The FDA approved Mifepristone over 23 years ago and scientific evidence and data consistently reinforce the drug’s safety and effectiveness. After a comprehensive review of updated data and research, in January 2023, the FDA determined a number of the Risk & Evaluation Mitigation Strategies (REMS) on Mifepristone were outdated and unnecessary. This included removing an in-person requirement and a regulation mandating that only providers could dispense Mifepristone. The REMS added additional requirements for pharmacies requiring them to become a “Certified Pharmacy.”

CVS and Walgreens both completed the certification process and will begin stocking and dispensing Mifepristone. CVS will begin dispensing in a small number of pharmacies in Massachusetts and Rhode Island. Walgreens will dispense in New York, Pennsylvania, Massachusetts, California, and Illinois.

Four of the six states (New York, California, Massachusetts, and Illinois) have legislation expanding protections for the providers of medication abortion, including pharmacies. Expanded protections (sometimes referred to as “Shield Laws”) provide additional protections for providers and/or other persons or entities involved in facilitating an individual’s access to telehealth for medication abortion services. State protections vary in scope and may include protections against professional licensure consequences, sharing information or data with out-of-state investigators or law enforcement agencies, and malpractice insurance coverage loss.

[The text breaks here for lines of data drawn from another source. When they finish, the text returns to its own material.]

-- ===== src/Starter/Planned.antt =====
-- A plan that is carried out.
use agent_arena.Prelude.{
  ℕ, zero, suc, ◌+◌, ◌≡◌, ◌<◌, refl, sym, ap, ◌∙◌, String, true, List, [], ◌∷◌, map, none, some,
  length, get_elem?, take, drop, arith,
}
use agent_arena.Prelude.Floats.{Floats}
use agent_arena.Prelude.Json.{Fields}
use agent_arena.Prelude.Result.{Result, ok, ◌>>=◌}
use agent_arena.Planner.{ActionStep, advance, current_step, has_active_plan}
use agent_arena.Schemas.Decision.{Decision}
use agent_arena.Schemas.Observation.{Observation}
use agent_arena.Schemas.Percepts.{ToolResult}
use agent_arena.Starter.{Starter, Toolkit, check_danger}
use agent_arena.Starter.Deciding.{continue_plan, decide, notice}
use agent_arena.Starter.Named.{IsNamed, notice-named}
use agent_arena.Starter.Total.{get_elem?_below}

module _ {F : Type 0} where
  -- the last tool succeeded
  abbrev pub Succeeded : Observation F → Type 0
  Succeeded o = (r : ToolResult F) × (o.last_tool_result ≡ some r) × (r.success ≡ true)

  -- what a decision, and a step, have the game do
  abbrev pub order_of : Decision F → String × Fields F
  order_of d = (d.tool, d.params)

  abbrev pub order_in : ActionStep F → String × Fields F
  order_in s = (s.tool, s.params)

  -- the plan after a success
  notice-planner :
      (o : Observation F) (a : Starter F)
      → Succeeded o
      → IsNamed o
      → has_active_plan a.planner ≡ true
      → (b : Starter F) × (notice o a ≡ ok b) × (b.planner ≡ advance a.planner)
  notice-planner o a (r, p, s) named h =
      let (b, q, e) = notice-named o a named in (b, q, e ∙ rw (p, s, h) refl)

module _ {F : Type 0} (k : Toolkit F) ⦃fl : Floats F⦄ where
  -- the decisions on a run of observations
  unfoldable pub decide_all :
      List (Observation F) → Starter F → Result (List (Decision F) × Starter F)
  decide_all [] a = ok ([], a)
  decide_all (o ∷ os) a = do r ← decide k o a; rest ← decide_all os r.1; ok (r.0 ∷ rest.0, rest.1)

  -- Every tool succeeds, one that collects tells its target by a name, and no hazard is near.
  abbrev pub Undisturbed : List (Observation F) → Starter F → Type 0
  Undisturbed [] a = Unit
  Undisturbed (o ∷ os) a =
      Succeeded o
      × IsNamed o
      × ((b : Starter F) → notice o a ≡ ok b → (check_danger k o b ≡ none) × Undisturbed os b)

  decide-step :
      (o : Observation F) (a b : Starter F) (s : ActionStep F)
      → notice o a ≡ ok b
      → check_danger k o b ≡ none
      → has_active_plan b.planner ≡ true
      → get_elem? b.planner.steps b.planner.step_index ≡ some s
      → (d : Decision F) × (decide k o a ≡ ok (d, b)) × (order_of d ≡ order_in s)
  unfolding decide continue_plan current_step
  decide-step o a b s noted safe active at = rw (noted, safe, active, at) (_, refl, refl)

  -- The plan is at its step `i`.
  abbrev At : List (ActionStep F) → ℕ → Starter F → Type 0
  At steps i a = (a.planner.steps ≡ steps) × (a.planner.step_index ≡ i)

  At-active :
      (steps : List (ActionStep F)) (i : ℕ) (a : Starter F)
      → At steps i a
      → i < length steps
      → has_active_plan a.planner ≡ true
  unfolding has_active_plan
  At-active steps i a (s, j) h = rw (s, j) (ground arith)

  next-At :
      (steps : List (ActionStep F)) (i : ℕ) (o : Observation F) (a : Starter F)
      → Succeeded o
      → IsNamed o
      → At steps i a
      → i < length steps
      → (b : Starter F) × (notice o a ≡ ok b) × At steps (suc i) b
  unfolding advance
  next-At steps i o a ok_tool named (s, j) h =
      let (b, p, e) = notice-planner o a ok_tool named (At-active steps i a (s, j) h) in
      (b, p, rw e (s, ap (λ (n : ℕ). n + 1) j ∙ omega arith))

  take-drop :
      {A : Type 0} (xs : List A) (i n : ℕ) (x : A)
      → get_elem? xs i ≡ some x
      → take (suc n) (drop i xs) ≡ x ∷ take n (drop (suc i) xs)
  take-drop [] i n x h = absurd (cc h)
  take-drop (y ∷ xs) zero n x h = cc h
  take-drop (y ∷ xs) (suc i) n x h = take-drop xs i n x h

  -- While every tool succeeds, the "target_name" that a "collect" tells, if any, is a text or null,
  -- and no hazard is near, a plan that is at one of its steps is carried out: `decide` raises
  -- nothing, on each observation it decides on the next step's tool and parameters, in the order of
  -- the plan, and the plan is then as many steps further. This holds for as many observations as
  -- there are steps left.
  pub decide_all-steps :
      (os : List (Observation F)) (a : Starter F)
      → a.planner.step_index + length os < length a.planner.steps
      → Undisturbed os a
      → (r : List (Decision F) × Starter F) × (decide_all os a ≡ ok r)
        × (map order_of r.0
            ≡ map order_in (take (length os) (drop (suc a.planner.step_index) a.planner.steps)))
        × (r.1.planner.steps ≡ a.planner.steps)
        × (r.1.planner.step_index ≡ a.planner.step_index + length os)
  unfolding decide_all
  decide_all-steps [] a h u = (([], a), refl, refl, refl, omega arith)
  decide_all-steps (o ∷ os) a h u =
      let steps = a.planner.steps in
      let i = a.planner.step_index in
      let (s, at) = get_elem?_below steps (suc i) (omega arith) in
      let (b, noted, at_next) = next-At steps i o a u.0 u.1 (refl, refl) (omega arith) in
      let (same, next) = at_next in
      let (safe, later) = u.2 b noted in
      let active = At-active steps (suc i) b (same, next) (omega arith) in
      let (d, p, e) = decide-step o a b s noted safe active (rw (same, next) at) in
      let (r, q, w, x, y) = decide_all-steps os b (rw (same, next) (omega arith)) later in
      (
        (d ∷ r.0, r.1),
        rw (p, q) refl,
        rw e (
            ap (◌∷◌ (order_in s)) (w ∙ rw (same, next) refl)
            ∙ ap (map order_in) (sym (take-drop steps (suc i) (length os) s at))),
        x ∙ same,
        y ∙ rw next (omega arith),
      )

While expanded protections offer increased assurances, they are not a prerequisite to permitting abortion care. Medication abortion remains legal in 29 states–all with CVS and Walgreens locations. Both pharmacies announced they will continue to scale operations accordingly.

Notably, Walgreens and CVS chose not to offer online services for Mifepristone, despite FDA guidelines approving mail-order dispensing. Clinicians and physicians overwhelmingly rely on online pharmacies as the largest dispenser of Mifepristone nationwide, particularly California-based Honeybee Health, which was the first FDA-certified online pharmacy for Mifepristone in 2020. CVS and Walgreens will still permit third-party courier services to deliver Mifepristone to a patient’s preferred location.

The failure to include online pharmacy services likely relates to the upcoming FDA v. Alliance for Hippocratic Medicine case at the Supreme Court. The case calls into question the FDA’s relied upon regulatory oversight scheme by invalidating Mifepristone’s approval process and threatens access to Mifepristone nationwide. The Supreme Court case will hear oral arguments on March 26. 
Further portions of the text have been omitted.